When i was last actively using UK-M, probably start of 2013 all the 'fat loss' threads were relating to running clen and some people were having decent runs with it. However in coming back and becoming active once again, nigh on every single 'fat loss' thread now has DNP in it and i havent seen a clen thread... Why is this?

The reason i ask is because back at the start of '13 most people were doing clen as the jump to DNP was putting a few people off, however now it just seems common place, has there been anything that has attributed to this being the case.

- This is purely for a personal interest point of view, not planning on running either as im too high BF% at the mo.

Cheers,

Alex


----------



## warsteiner (Jul 15, 2013)

- DNP works a lot better than clen

- Some people find they can tolerate DNP more than clen i.e. shakes, etc.

- This time of year there's not really a problem with the heat from DNP unless running a high dose

- There is a lot of info about DNP around now so people realise they won't die provided they don't jump to a high dose of DNP

Give it until May time and people will hop back on clen as DNP will be too uncomfortable for most people when the temp gets to 20 degrees or so.


----------



## alexyZZZ (May 2, 2012)

warsteiner said:


> - DNP works a lot better than clen
> 
> - Some people find they can tolerate DNP more than clen i.e. shakes, etc.
> 
> ...


Cheers for the quick reply dude, think you may well be right, i mean i have been back 2 weeks and i know more about DNP than i did in the year i was on here before lol.


----------



## k3z (Oct 17, 2007)

Ive never tried either - they scare the sh!t out of me to be honest.

However, id like to know what a standard DNP cycle would look like - dosage, frequency etc


----------



## warsteiner (Jul 15, 2013)

alexyZZZ said:


> Cheers for the quick reply dude, think you may well be right, i mean i have been back 2 weeks and i know more about DNP than i did in the year i was on here before lol.


No problem, I'm bored at work as well, just sitting here looking at the clock watching it slowly ticking away.

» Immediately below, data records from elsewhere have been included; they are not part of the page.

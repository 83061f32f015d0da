-- ===== src/Tests/Keys.antt =====
-- An idempotency key at concrete requests, with numbers for responses.
use pruebas_personalizadas.Prelude.Common.{
  ℕ, String, none, some, List, [], ◌∷◌, ◌≡◌, refl, Bool, false,
}
use pruebas_personalizadas.Prelude.Tests.{if◌then◌else◌}
use pruebas_personalizadas.Prelude.Eq.{◌==◌, string_eq, nat_eq}
use pruebas_personalizadas.Prelude.Result.{ok, err, reject, ◌>>◌}
use pruebas_personalizadas.Idempotency.{
  IdempotencyError, IdempotencyRow, reservation, select_row, commit_row, reserve_idempotency,
  store_response, complete_idempotency, release_idempotency,
}
use pruebas_personalizadas.Idempotency.Exclusive.{
  reserve_idempotency-exclusive, complete_idempotency-replays,
}

abbrev nothing : List (IdempotencyRow ℕ)
nothing = []

abbrev open_rows : List (IdempotencyRow ℕ)
open_rows = reservation "ten" "key" "fp" ∷ []

abbrev done_rows : List (IdempotencyRow ℕ)
done_rows = record { tenant_id = "ten"; key = "key"; fingerprint = "fp"; response = some 7 } ∷ []

granted_test : reserve_idempotency "ten" "key" "fp" nothing nothing nothing ≡ (ok none, open_rows)
unfolding reserve_idempotency select_row commit_row
granted_test = refl

granted_answer_test : (reserve_idempotency "ten" "key" "fp" nothing nothing nothing).0 ≡ ok none
unfolding reserve_idempotency select_row commit_row
granted_answer_test = refl

standing_test :
    select_row "ten" "key" open_rows
    ≡ select_row "ten" "key" (reserve_idempotency "ten" "key" "fp" nothing nothing nothing).1
unfolding reserve_idempotency select_row commit_row
standing_test = refl

-- A second request whose first select was too early loses the race.
reserve_idempotency-exclusive_example :
    (select_row "ten" "key" nothing ≡ none)
    × (reserve_idempotency "ten" "key" "other" nothing open_rows open_rows ≡ (
      err (
          if ◌==◌ {A = String} "fp" "other"
          then IdempotencyError.request_in_progress
          else IdempotencyError.key_reused),
      open_rows,
    ))
reserve_idempotency-exclusive_example =
    reserve_idempotency-exclusive "ten" "key" "fp" "other" nothing nothing nothing nothing open_rows
      open_rows granted_answer_test standing_test standing_test

abbrev durable : ℕ → Bool
durable n = false

complete_test : complete_idempotency durable "ten" "key" "fp" 7 open_rows ≡ ok done_rows
unfolding complete_idempotency select_row store_response reject ◌>>◌
complete_test = refl

complete_idempotency-replays_example :
    (later : List (IdempotencyRow ℕ)) × (later ≡ release_idempotency "ten" "key" "fp" done_rows)
    × (reserve_idempotency "ten" "key" "fp" done_rows done_rows done_rows
        ≡ (ok (some 7), done_rows))
    × (reserve_idempotency "ten" "key" "fp" later later later ≡ (ok (some 7), later))
complete_idempotency-replays_example =
    complete_idempotency-replays "ten" "key" durable "fp" 7 open_rows complete_test
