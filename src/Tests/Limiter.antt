-- ===== src/Tests/Limiter.antt =====
-- The rate limiter at concrete calls.
use pruebas_personalizadas.Prelude.Common.{ℕ, ◌*◌, String, ◌≡◌, refl, List, [], ◌∷◌, false, arith}
use pruebas_personalizadas.Prelude.Result.{ok, reject, ◌>>◌}
use pruebas_personalizadas.Prelude.Lists.{filter}
use pruebas_personalizadas.RateLimit.{
  FixedWindowRateLimiter, Consumed, second, create_limiter, find_window, put, pop, oldest,
  pop_oldest, make_room, expired, remaining, open_window, count_call, consume_at, consume, keys,
}
use pruebas_personalizadas.RateLimit.Bounds.{IsBounded, serve, create_limiter-IsBounded}
use pruebas_personalizadas.RateLimit.Quota.{IsAnswer, consume-IsAnswer}

abbrev empty : FixedWindowRateLimiter
empty = record { window_seconds = 60; max_keys = 1; windows = [] }

abbrev calls : List (String × ℕ × ℕ)
calls = ("a", 2, 10) ∷ ("b", 2, 20) ∷ ("b", 2, 30) ∷ []

create_limiter_test : create_limiter 60 1 ≡ ok empty
unfolding create_limiter reject ◌>>◌
create_limiter_test = refl

serve_test : keys (serve empty calls).windows ≡ "b" ∷ []
unfolding serve consume consume_at reject ◌>>◌ find_window put pop oldest pop_oldest make_room
    expired open_window count_call filter
serve_test = refl

create_limiter-IsBounded_example : IsBounded (serve empty calls)
create_limiter-IsBounded_example = create_limiter-IsBounded 60 1 calls create_limiter_test

abbrev full : FixedWindowRateLimiter
full = record {
  window_seconds = 60;
  max_keys = 1;
  windows = ("a", record { started_at = 5 * second; count = 2 }) ∷ [];
}

denied_test :
    consume full "a" 2 (25 * second)
    ≡ ok (record { allowed = false; retry_after = 40; limiter = full })
unfolding consume consume_at reject ◌>>◌ find_window expired count_call remaining
denied_test = refl

consume-IsAnswer_example :
    (c : Consumed) × (consume full "a" 2 (25 * second) ≡ ok c) × IsAnswer full "a" 2 (25 * second) c
consume-IsAnswer_example = consume-IsAnswer full "a" 2 (25 * second) (omega arith)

A lot of boards won't allow any DNP talk so this is one of the few that does. Personally I think it's a good thing as it provides people with the information they need to make an informed decision about using the substance along with the 'safe' doses, support supps, etc. rather than them jumping on to a high dose and ending up as a newspaper headline.


----------



## alexyZZZ (May 2, 2012)

k3z said:


> Ive never tried either - they scare the sh!t out of me to be honest.
> 
> However, id like to know what a standard DNP cycle would look like - dosage, frequency etc


haha im same boat as you, i mean i have seen some before/after progress pics and have been blown away, but anything more than PWO/fat burners scare me hahaha


----------



## alexyZZZ (May 2, 2012)

warsteiner said:


> No problem, I'm bored at work as well, just sitting here looking at the clock watching it slowly ticking away.
> 
> A lot of boards won't allow any DNP talk so this is one of the few that does. Personally I think it's a good thing as it provides people with the information they need to make an informed decision about using the substance along with the 'safe' doses, support supps, etc. rather than them jumping on to a high dose and ending up as a newspaper headline.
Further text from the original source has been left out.